Gesture graph of tap and swipe data, plotted as speed vs. distance


We have two main clumps of data that emerge: the clump at the bottom left accounts for the taps (both slow and short), and the big mess in the middle of the graph accounts for all of the variably fast and long swipe gestures.

Creating this kind of graph is a) my favourite thing to do, b) something I highly recommend to every UX designer/developer/researcher, and c) something that I suspect not enough people actually get around to doing.

But how do we use this graph to properly define the difference between taps and swipes? Let’s first draw the simple threshold that we intuitively guessed, choosing a speed as the dividing line.


Gesture graph of tap and swipe data, plotted as speed vs. distance


In the above figure, our speed threshold does a pretty good job of separating the two clusters, but we can see that we’re accidentally treating way too many points at the bottom-middle and bottom-right as belonging to the “tap” cluster, when they clearly represent long strokes which were intended as swipes.

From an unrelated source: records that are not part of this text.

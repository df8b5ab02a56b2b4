-- ===== src/Slip/Examples.antt =====
-- SLIP's theorems on short payloads, and the tests of both sides.
use launch_core.Prelude.{◌≡◌, refl, [], ◌∷◌, true, false, take, arith}
use launch_core.Slip.{Encoder, encode_loop, encode, Decoder, decoder}
use launch_core.Slip.Decoding.{Waits, feed, feed-encode}

-- an encoder whose buffer is the first four bytes of a memory of six
abbrev four : Encoder
four = record { buff = 0 ∷ 0 ∷ 0 ∷ 0 ∷ 7 ∷ 8 ∷ []; len = 4; size = 4 }

abbrev two_bytes : Decoder
two_bytes = decoder (0 ∷ 0 ∷ []) 2

two_bytes-Waits : Waits two_bytes 2
two_bytes-Waits = record { waiting = refl; size = refl; memory = omega arith }

encode-four :
    encode four (1 ∷ 192 ∷ [])
    ≡ (true, record { buff = 192 ∷ 1 ∷ 219 ∷ 220 ∷ 192 ∷ 8 ∷ []; len = 5; size = 4 })
unfolding encode encode_loop
encode-four = refl

encode-too_long : (encode four (1 ∷ 2 ∷ 3 ∷ [])).0 ≡ false
unfolding encode encode_loop
encode-too_long = refl

feed-encode_example :
    ((encode four (1 ∷ 2 ∷ [])).0 ≡ true)
    × ((feed two_bytes (take (encode four (1 ∷ 2 ∷ [])).1.len (encode four (1 ∷ 2 ∷ [])).1.buff)).0
        ≡ (1 ∷ 2 ∷ []) ∷ [])
feed-encode_example =
    feed-encode four two_bytes 2 (1 ∷ 2 ∷ []) (omega arith) (omega arith) (omega arith)
      two_bytes-Waits (omega arith) (refl, refl, (refl, refl, refl))
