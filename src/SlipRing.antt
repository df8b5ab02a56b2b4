-- ===== src/SlipRing.antt =====
-- net/slip/SLIPRingDevice.h: a ring of devices over serial lines. The network layer above and the
-- serial device are parameters and run to their end; `none` as a whole result is a fault, where the
-- source follows a NULL pointer.
pub mod Poll
mod Examples
use launch_core.Prelude.{
  ℕ, ◌+◌, ◌-◌, ◌/◌, ◌%◌, ◌^◌, Bool, true, false, not, Option, none, some, List, [], ◌∷◌,
  if◌then◌else◌, ltb, leb, take, drop, blit, slice, Ret, success, error, sub_size,
}
use launch_core.Packet.{Packet, push, clear, allocate_header, seek_read, read_ptr, available, store}
use launch_core.Slip.{Encoder, Decoder, encode}
use launch_core.Slip
use launch_core.Net.ByteOrder.{load}

-- class SLIPRingDevice
pub record Device : Type 0 where
  pub size : ℕ
  pub packet : Packet
  pub encoder : Encoder
  pub decoder : Decoder

-- the size of `slip_ring_header_t`
abbrev pub header_size : ℕ
header_size = 4

-- The header in memory: the time to live.
abbrev pub bytes32 : ℕ → List ℕ
bytes32 n = n % 256 ∷ n / 256 % 256 ∷ n / 256 / 256 % 256 ∷ n / 256 / 256 / 256 % 256 ∷ []

-- The end of `poll`: the payload goes into the packet and up the stack. The last part of the result
-- is what was written to the serial device.
abbrev pub pass_up :
    (Packet → Ret × Packet)
    → Device
    → List ℕ
    → List (List ℕ)
    → Option (Ret × Device × List (List ℕ))
pass_up net d payload written =
    let (pushed, packet) = push (clear d.packet) payload in
    elim pushed [
      | success ↦ some ((net packet).0, record d { packet = (net packet).1 }, written)
      | _ ↦ some (error, record d { packet = packet }, written)
    ]

-- `poll` from the complete frame on. After a retransmission, `buff` is the encoder's buffer.
unfoldable pub complete : (Packet → Ret × Packet) → Device → Option (Ret × Device × List (List ℕ))
complete net d =
    if leb d.decoder.len header_size
    then some (success, d, [])
    else let ttl = (load (take header_size d.decoder.buff) + 2 ^ 32 - 1) % 2 ^ 32 in
      let frame = blit d.decoder.buff 0 (bytes32 ttl) in
      let aged = record d { decoder = record d.decoder { buff = frame } } in
      let (encoded, encoder) = encode d.encoder (take d.decoder.len frame) in
      let sent = take encoder.len encoder.buff in
      if ltb 0 ttl
      then if encoded
        then pass_up net (record aged { encoder = encoder }) (drop header_size sent) (sent ∷ [])
        else none
      else pass_up net aged (drop header_size (take d.decoder.len frame)) []

-- `poll`, with the byte that was read from the serial device, if one was read.
unfoldable pub poll :
    (Packet → Ret × Packet) → Device → Option ℕ → Option (Ret × Device × List (List ℕ))
unfolding complete
poll net d none = some (error, d, [])
poll net d (some dat) =
    let (done, decoder) = Slip.push d.decoder dat in
    let d' = record d { decoder = decoder } in
    if not done then some (success, d', []) else complete net d'

-- `transmit`, which takes the header from the device's own packet and not from its argument.
unfoldable pub transmit : Device → Packet → Ret × Device × Packet
transmit d packet =
    let (slot, own) = allocate_header d.packet header_size in
    elim slot [
      | none ↦ (error, record d { packet = own }, packet)
      | some at ↦
          (success, record d { packet = store own at (bytes32 (sub_size d.size 1)) }, packet)
    ]

-- `transmit2`, where the serial device's write is the parameter.
unfoldable pub transmit2 : (List ℕ → Ret) → Device → Packet → Ret × Device × Packet
transmit2 serial d packet =
    let sought = seek_read packet true in
    elim (read_ptr sought 1) [
      | none ↦ (error, d, sought)
      | some at ↦
          let (encoded, encoder) = encode d.encoder (slice sought.buf at (available sought)) in
          let d' = record d { encoder = encoder } in
          if encoded
          then (serial (take encoder.len encoder.buff), d', sought)
          else (error, d', sought)
    ]
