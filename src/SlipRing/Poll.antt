-- ===== src/SlipRing/Poll.antt =====
-- What a complete frame leads to.
use mathlib.Core.Path.{subst}
use launch_core.Prelude.{
  sym, ◌⊎◌, ◌∙◌, inl, inr, Option, some, success, error, Bool-cases, ltb→lt, ℕ, suc, ◌+◌, ◌-◌, ◌/◌,
  ◌%◌, ◌^◌, ◌≤◌, ◌<◌, ◌≡◌, refl, ap, true, false, List, [], ◌∷◌, ltb, leb, take, drop, blit,
  blit-nil, length, Ret, size_mod, slice-blit_self, arith,
}
use launch_core.Packet.{Packet, push, clear}
use launch_core.Packet.Spec
use launch_core.Packet.Invariant.{IsValid, Fits, pushed, cleared, here, next, Reach-IsValid}
use launch_core.Packet.Stream.{unread, IsReadable, push-unread}
use launch_core.Slip.Framing.{frame, framed}
use launch_core.Slip.Encoding.{encode-frame}
use launch_core.Net.ByteOrder.{load}
use launch_core.SlipRing.{Device, header_size, bytes32, pass_up, complete}

same_payload :
    (xs : List ℕ) (a b c d n : ℕ)
    → drop 4 (take (suc (suc (suc (suc n)))) (blit xs 0 (a ∷ b ∷ c ∷ d ∷ [])))
      ≡ drop 4 (take (suc (suc (suc (suc n)))) xs)
same_payload [] a b c d n = refl
same_payload (w ∷ []) a b c d n = refl
same_payload (w ∷ x ∷ []) a b c d n = refl
same_payload (w ∷ x ∷ y ∷ []) a b c d n = refl
same_payload (w ∷ x ∷ y ∷ z ∷ xs) a b c d n = ap (take n) (blit-nil xs 0)

-- the device after the time to live in the decoder's buffer was made one less
abbrev pub aged : Device → Device
aged d = record d {
  decoder = record d.decoder {
    buff =
        blit d.decoder.buff 0
          (bytes32 ((load (take header_size d.decoder.buff) + 2 ^ 32 - 1) % 2 ^ 32));
  };
}

-- the bytes of the decoder's frame
abbrev pub frame_bytes : Device → List ℕ
frame_bytes d = take d.decoder.len d.decoder.buff

long_frame : (n : ℕ) → 4 < n → (m : ℕ) × (n ≡ suc (suc (suc (suc m))))
long_frame n h = (n - 4, omega arith)

payload-aged :
    (d : Device)
    → header_size < d.decoder.len
    → drop header_size (frame_bytes (aged d)) ≡ drop header_size (frame_bytes d)
payload-aged d h =
    let (m, e) = long_frame d.decoder.len h in
    let ttl = (load (take header_size d.decoder.buff) + 2 ^ 32 - 1) % 2 ^ 32 in
    rw e (
      same_payload d.decoder.buff (ttl % 256) (ttl / 256 % 256) (ttl / 256 / 256 % 256)
        (ttl / 256 / 256 / 256 % 256) m)

-- The payload goes up: the upper layer is given a packet of which it is what can be read, and the
-- device keeps what that makes of it; or it is too long for the packet, which is empty then.
abbrev pub HandsUp :
    (Packet → Ret × Packet)
    → Device
    → List ℕ
    → List (List ℕ)
    → Option (Ret × Device × List (List ℕ))
    → Type 0
HandsUp net d payload written result =
    ((length payload ≤ d.packet.size - d.packet.header_size)
      × ((q : Packet) × IsValid q
          × (unread q ≡ payload)
          × (q.hpos ≡ q.header_size)
          × (result ≡ some ((net q).0, record d { packet = (net q).1 }, written))))
    ⊎ ((d.packet.size - d.packet.header_size < length payload)
        × ((q : Packet) × (unread q ≡ [])
            × (result ≡ some (error, record d { packet = q }, written))))

too_long :
    (n : ℕ) (src : List ℕ)
    → ((n < length src) × (Spec.push n [] src ≡ (error, [])))
      ⊎ ((length src ≤ n) × (Spec.push n [] src ≡ (success, src)))
unfolding Spec.push
too_long n src = elim (Bool-cases (ltb n (length src))) [
  | inl o ↦ inl (ltb→lt n (length src) o, rw o refl)
  | inr o ↦ inr (ground (arith, o), rw o refl)
]

empty_unread : (p : Packet) → unread (clear p) ≡ []
unfolding clear
empty_unread p = let none : p.header_size - p.header_size ≡ 0 = omega arith in rw none refl

clear-kept : (p : Packet) → IsValid p → IsValid (clear p) × IsReadable (clear p)
unfolding clear
clear-kept p v = (Reach-IsValid (next here (cleared p)) v, omega arith)

first_header :
    (p : Packet) (payload : List ℕ) (q : Packet)
    → (((push (clear p) payload).0 ≡ success)
        × (q ≡ record (clear p) { buf = q.buf; wpos = (clear p).wpos + length payload }))
      ⊎ (((push (clear p) payload).0 ≡ error) × (q ≡ clear p))
    → (push (clear p) payload).0 ≡ success
    → q.hpos ≡ q.header_size
unfolding clear
first_header p payload q (inl (_, e)) ok = ap (λ x. x.hpos) e ∙ sym (ap (λ x. x.header_size) e)
first_header p payload q (inr (_, e)) ok = ap (λ x. x.hpos) e ∙ sym (ap (λ x. x.header_size) e)

pass_up-HandsUp :
    (net : Packet → Ret × Packet) (d : Device) (payload : List ℕ) (written : List (List ℕ))
    → IsValid d.packet
    → Fits d.packet (length payload)
    → HandsUp net d payload written (pass_up net d payload written)
unfolding clear
pass_up-HandsUp net d payload written v f =
    let (cv, cr) = clear-kept d.packet v in
    let q = (push (clear d.packet) payload).1 in
    let (both, cases) = push-unread cv cr payload f in
    let empty = empty_unread d.packet in
    let spec : ((push (clear d.packet) payload).0, unread q)
        ≡ Spec.push (d.packet.size - d.packet.header_size) [] payload =
      both ∙ ap (λ l. Spec.push (d.packet.size - d.packet.header_size) l payload) empty in
    elim (too_long (d.packet.size - d.packet.header_size) payload) [
      | inl (long, e) ↦
          let r : (push (clear d.packet) payload).0 ≡ error = ap (λ x. x.0) (spec ∙ e) in
          inr (long, (q, ap (λ x. x.1) (spec ∙ e), rw (r, pass_up) refl))
      | inr (short, e) ↦
          let r : (push (clear d.packet) payload).0 ≡ success = ap (λ x. x.0) (spec ∙ e) in
          inl (
            short,
            (
              q,
              Reach-IsValid (next here (pushed (clear d.packet) payload f)) cv,
              ap (λ x. x.1) (spec ∙ e),
              first_header d.packet payload q cases r,
              rw (r, pass_up) refl,
            ),
          )
    ]

-- Which payload goes up, and what is written before.
complete-pass_up :
    (net : Packet → Ret × Packet) (d : Device)
    → header_size < d.decoder.len
    → (load (take header_size d.decoder.buff) ≡ 1
        → complete net d ≡ pass_up net (aged d) (drop header_size (frame_bytes d)) [])
      × (1 < load (take header_size d.decoder.buff)
          → load (take header_size d.decoder.buff) < 2 ^ 32
          → d.encoder.size ≤ length d.encoder.buff
          → d.encoder.size < size_mod
          → length (frame (frame_bytes (aged d))) ≤ d.encoder.size
          → complete net d
            ≡ pass_up net
                (record (aged d) { encoder = framed d.encoder (frame_bytes (aged d)) })
                (drop header_size (frame (frame_bytes (aged d))))
                (frame (frame_bytes (aged d)) ∷ []))
unfolding complete
complete-pass_up net d h =
    let long : leb d.decoder.len header_size ≡ false = ground arith in
    let start = load (take header_size d.decoder.buff) in
    (
      λ one.
          let over : ltb 0 ((start + 2 ^ 32 - 1) % 2 ^ 32) ≡ false = ground (arith, one) in
          rw (long, over) (ap (λ t. pass_up net (aged d) t []) (payload-aged d h)),
      λ more small memory bound fits.
          let on : ltb 0 ((start + 2 ^ 32 - 1) % 2 ^ 32) ≡ true = ground arith in
          rw (long, on, encode-frame d.encoder (frame_bytes (aged d)) memory bound fits)
            (ap
              (λ t.
                pass_up net (record (aged d) { encoder = framed d.encoder (frame_bytes (aged d)) })
                  (drop header_size t) (t ∷ []))
              (slice-blit_self d.encoder.buff 0 (frame (frame_bytes (aged d))) (omega arith))),
    )

-- A complete frame that is longer than its header, on a device whose packet is well formed, with
-- lengths that do not wrap. With a time to live of 1 the frame is not sent on, and its payload is
-- handed up: the upper layer gets the emptied packet with just the payload to read, or, if the packet
-- is too small for it, an error is returned and the packet is empty. With a greater time to live, and
-- where the encoder has the room, the frame is sent on with a time to live of one less; but what is
-- handed up in this way is then the frame as it was sent, without its first four bytes.
pub complete-ttl :
    (net : Packet → Ret × Packet) (d : Device)
    → header_size < d.decoder.len
    → IsValid d.packet
    → (load (take header_size d.decoder.buff) ≡ 1
        → Fits d.packet (length (drop header_size (frame_bytes d)))
        → HandsUp net (aged d) (drop header_size (frame_bytes d)) [] (complete net d))
      × (1 < load (take header_size d.decoder.buff)
          → load (take header_size d.decoder.buff) < 2 ^ 32
          → d.encoder.size ≤ length d.encoder.buff
          → d.encoder.size < size_mod
          → length (frame (frame_bytes (aged d))) ≤ d.encoder.size
          → Fits d.packet (length (drop header_size (frame (frame_bytes (aged d)))))
          → HandsUp net
              (record (aged d) { encoder = framed d.encoder (frame_bytes (aged d)) })
              (drop header_size (frame (frame_bytes (aged d))))
              (frame (frame_bytes (aged d)) ∷ [])
              (complete net d))
complete-ttl net d h v =
    let (last, on) = complete-pass_up net d h in
    let sender : Device = record (aged d) { encoder = framed d.encoder (frame_bytes (aged d)) } in
    let sent = frame (frame_bytes (aged d)) in
    (
      λ one f.
          subst (HandsUp net (aged d) (drop header_size (frame_bytes d)) []) (sym (last one))
            (pass_up-HandsUp net (aged d) (drop header_size (frame_bytes d)) [] v f),
      λ more small memory bound fits f.
          subst (HandsUp net sender (drop header_size sent) (sent ∷ []))
            (sym (on more small memory bound fits))
            (pass_up-HandsUp net sender (drop header_size sent) (sent ∷ []) v f),
    )
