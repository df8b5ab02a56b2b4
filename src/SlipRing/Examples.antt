-- ===== src/SlipRing/Examples.antt =====
-- The ring device on a frame with one byte of payload.
use launch_core.Prelude.{
  ◌≡◌, ◌<◌, ◌≤◌, ◌^◌, refl, false, [], ◌∷◌, length, take, drop, size_mod, Ret, success, error,
  arith,
}
use launch_core.Packet.{Packet, allocate_header}
use launch_core.Slip.Framing.{frame, framed}
use launch_core.Net.ByteOrder.{load}
use launch_core.SlipRing.{Device, header_size, complete, transmit}
use launch_core.SlipRing.Poll.{HandsUp, aged, frame_bytes, complete-ttl}
use launch_core.Packet.Invariant.{IsValid, Fits}

abbrev store_packet : Packet
store_packet = record {
  buf = 0 ∷ 0 ∷ 0 ∷ 0 ∷ 0 ∷ 0 ∷ 0 ∷ 0 ∷ [];
  size = 8;
  header_size = 0;
  wpos = 0;
  rpos = 0;
  hpos = 0;
}

-- The decoder holds a frame that has two devices to go.
abbrev third : Device
third = record {
  size = 3;
  packet = store_packet;
  encoder = record { buff = 0 ∷ 0 ∷ 0 ∷ 0 ∷ 0 ∷ 0 ∷ 0 ∷ 0 ∷ []; len = 8; size = 8 };
  decoder = record {
    buff = 2 ∷ 0 ∷ 0 ∷ 0 ∷ 65 ∷ 0 ∷ [];
    len = 5;
    size = 6;
    parsing = false;
    escape = false;
  };
}

-- a network layer that takes every packet
abbrev accept : Packet → Ret × Packet
accept p = (success, p)

-- The device's packet has no room for headers, and the argument is left as it is.
no_header : transmit third store_packet ≡ (error, third, store_packet)
unfolding transmit allocate_header
no_header = refl

store_packet-IsValid : IsValid store_packet
store_packet-IsValid = omega arith

complete-ttl_example :
    (load (take header_size third.decoder.buff) ≡ 1
      → Fits third.packet (length (drop header_size (frame_bytes third)))
      → HandsUp accept
          (aged third)
          (drop header_size (frame_bytes third))
          []
          (complete accept third))
    × (1 < load (take header_size third.decoder.buff)
        → load (take header_size third.decoder.buff) < 2 ^ 32
        → third.encoder.size ≤ length third.encoder.buff
        → third.encoder.size < size_mod
        → length (frame (frame_bytes (aged third))) ≤ third.encoder.size
        → Fits third.packet (length (drop header_size (frame (frame_bytes (aged third)))))
        → HandsUp accept
            (record (aged third) { encoder = framed third.encoder (frame_bytes (aged third)) })
            (drop header_size (frame (frame_bytes (aged third))))
            (frame (frame_bytes (aged third)) ∷ [])
            (complete accept third))
complete-ttl_example = complete-ttl accept third (omega arith) store_packet-IsValid
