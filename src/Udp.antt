-- ===== src/Udp.antt =====
-- net/udp/UDPRouter.h: ports bound to layers, and the three passes of a packet. A layer is the
-- address of its object, 0 for NULL; `none` as a whole result is a fault, where the source follows a
-- NULL pointer. A call of another layer is a parameter and is run to its end.
pub mod Ports
mod Examples
use launch_core.Prelude.{
  ℕ, zero, suc, ◌+◌, ◌*◌, ◌/◌, ◌%◌, ◌^◌, Bool, true, false, not, ◌&&◌, Option, none, some, List, [],
  ◌∷◌, ◌++◌, if◌then◌else◌, ◌==◌, get_or, slice, Ret, success, error, add_size,
}
use launch_core.Packet.{
  Packet, read_ptr, skip_read, allocate_header, available, payload_size, store,
}
use launch_core.Hashmap.{Key, Hashmap, add, get, remove, set_value, value_at, lookup}
use launch_core.Net.ByteOrder.{hton16, ntoh16, ntoh32}
use launch_core.Net.Udp.{udp_checksum}

-- The parts of `netinfo_t` that the router uses.
pub record Info : Type 0 where
  pub src_addr : ℕ
  pub dst_addr : ℕ
  pub src_port : ℕ
  pub dst_port : ℕ
  pub ignore_checksums : Bool

-- class UDPRouter
pub record Router : Type 0 where
  pub port_bindings : Hashmap ℕ ℕ
  pub layer_bindings : Hashmap ℕ ℕ
  pub transmit_layer : ℕ

-- the size of `UDP_HEADER_T`, and its fields' offsets
abbrev pub header_size : ℕ
header_size = 8

-- A field of 16 bits in memory, read and written as it stands there.
abbrev pub load16 : Packet → ℕ → ℕ
load16 p i = get_or p.buf i 0 + 256 * get_or p.buf (suc i) 0

abbrev pub bytes16 : ℕ → List ℕ
bytes16 n = n % 256 ∷ n / 256 % 256 ∷ []

abbrev pub bytes32 : ℕ → List ℕ
bytes32 n = n % 256 ∷ n / 256 % 256 ∷ n / 256 / 256 % 256 ∷ n / 256 / 256 / 256 % 256 ∷ []

module _ ⦃key : Key ℕ⦄ where
  unfoldable pub subscribe_port : Router → ℕ → ℕ → Ret × Router
  subscribe_port r layer port_num = elim ((add r.port_bindings port_num).0) [
    | none ↦ (error, record r { port_bindings = (add r.port_bindings port_num).1 })
    | some i ↦ elim ((add r.layer_bindings layer).0) [
      | none ↦ (
        error,
        record r {
          port_bindings = (add r.port_bindings port_num).1;
          layer_bindings = (add r.layer_bindings layer).1;
        },
      )
      | some j ↦ (
        success,
        record r {
          port_bindings = set_value (add r.port_bindings port_num).1 i layer;
          layer_bindings = set_value (add r.layer_bindings layer).1 j port_num;
        },
      )
    ]
  ]

  unfoldable pub unsubscribe_port : Router → ℕ → Option (Ret × Router)
  unsubscribe_port r port_num = elim (lookup r.port_bindings port_num) [
    | none ↦ none
    | some layer ↦
        let (device_success, layers) = remove r.layer_bindings layer in
        let (protocol_success, ports) = remove r.port_bindings port_num in
        some (
          if device_success && protocol_success then success else error,
          record r { port_bindings = ports; layer_bindings = layers },
        )
  ]

  -- What `receive` does after the checksum.
  unfoldable pub deliver :
      (ℕ → Packet → Info → Ret × Packet × Info) → Router → ℕ → Packet → Info → Ret × Packet × Info
  deliver next r port packet info = elim (lookup r.port_bindings port) [
    | none ↦ (error, packet, info)
    | some layer ↦ if layer == 0 then (error, packet, info) else next layer packet info
  ]

  -- The checksum of the datagram at `at`, whose field for it is zeroed before.
  unfoldable pub packet_checksum : Packet → ℕ → ℕ → ℕ → ℕ
  packet_checksum packet at src_ip dst_ip =
      udp_checksum (slice packet.buf at header_size) (bytes32 src_ip) (bytes32 dst_ip)
        (slice packet.buf packet.rpos (available packet))

  -- `receive`, which reads the source port before it compares the header's pointer with NULL.
  unfoldable pub receive :
      (ℕ → Packet → Info → Ret × Packet × Info)
      → Router
      → Packet
      → Info
      → Option (Ret × Packet × Info)
  unfolding deliver packet_checksum
  receive next r packet info = elim (read_ptr packet header_size) [
    | none ↦ none
    | some at ↦
        let from = record info { src_port = ntoh16 (load16 packet at) } in
        let port = ntoh16 (load16 packet (at + 2)) in
        let ahead = (skip_read packet header_size).1 in
        let zeroed = store ahead (at + 6) (0 ∷ 0 ∷ []) in
        some (
          if info.ignore_checksums
          then deliver next r port ahead from
          else if load16 packet (at + 6)
              == packet_checksum zeroed at (ntoh32 info.src_addr) (ntoh32 info.dst_addr)
          then deliver next r port zeroed from
          else (error, zeroed, from))
  ]

  unfoldable pub transmit :
      (ℕ → Packet → Info → Ret × Packet × Info) → Router → Packet → Info → ℕ → Ret × Packet × Info
  transmit lower r packet info caller = elim ((allocate_header packet header_size).0) [
    | none ↦ (error, packet, info)
    | some at ↦
        let packet' = (allocate_header packet header_size).1 in
        elim (lookup r.layer_bindings caller) [
          | none ↦ (error, packet', info)
          | some src_port ↦
              lower r.transmit_layer
                (store packet' at (
                  bytes16 (hton16 src_port)
                  ++ bytes16 (hton16 info.dst_port)
                  ++ bytes16 (hton16 (add_size header_size (payload_size packet') % 2 ^ 16))
                  ++ 0 ∷ 0 ∷ []))
                info
        ]
  ]

  unfoldable pub transmit2 :
      (ℕ → Packet → Info → Ret × Packet × Info) → Router → Packet → Info → Ret × Packet × Info
  unfolding packet_checksum
  transmit2 lower r packet info = elim ((allocate_header packet header_size).0) [
    | none ↦ (error, packet, info)
    | some at ↦
        let packet' = (allocate_header packet header_size).1 in
        lower r.transmit_layer
          (store packet' (at + 6)
            (bytes16 (packet_checksum packet' at info.src_addr info.dst_addr)))
          info
  ]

We could instead choose a displacement threshold, as shown below:


Gesture graph of tap and swipe data, plotted as speed vs. distance


This does a better job, but leaves us wishing that some of those very fast but short gestures on the left-hand side could be counted as swipe gestures.

The beautiful aspect of visualizing our data like this, is that we don’t have to constrain ourselves to these boring thresholds; instead we can choose an arbitrary line. So let’s put it at an angle where it feels best:


Gesture graph of tap and swipe data, plotted as speed vs. distance


This line means that any gesture that appears to be fast and short, or slow and long, is clearly a swipe; a gesture that is slow and short is considered a tap. By choosing our diagonal threshold according to two different features of the data (speed and displacement), we were able to find a more complete classifier that prevents fringe swipes from being erroneously detected as taps.

The process of choosing this line is what a machine learning algorithm would have done for us, but our data was simple enough that we didn’t need to bother with writing any code. And of course, we only knew that our data was simple because we bothered to visualize it. Whatever route you take, just don’t forget to take a good look at the data first. Only then should you decide for yourself how aggressively you want to dig into it, and how much you need your algorithms to get involved.


The Next Level

If you really want to go a step further, the natural next step is to have the system adapt to each user on the fly. That’s when you’ll need to bring machine learning into the loop; the algorithms will dynamically move this threshold line around as it learns more about the user’s fluctuating clusters of points. Just don’t forget – you’ll never set those algorithms up properly unless you actually visualize some sample data yourself, first.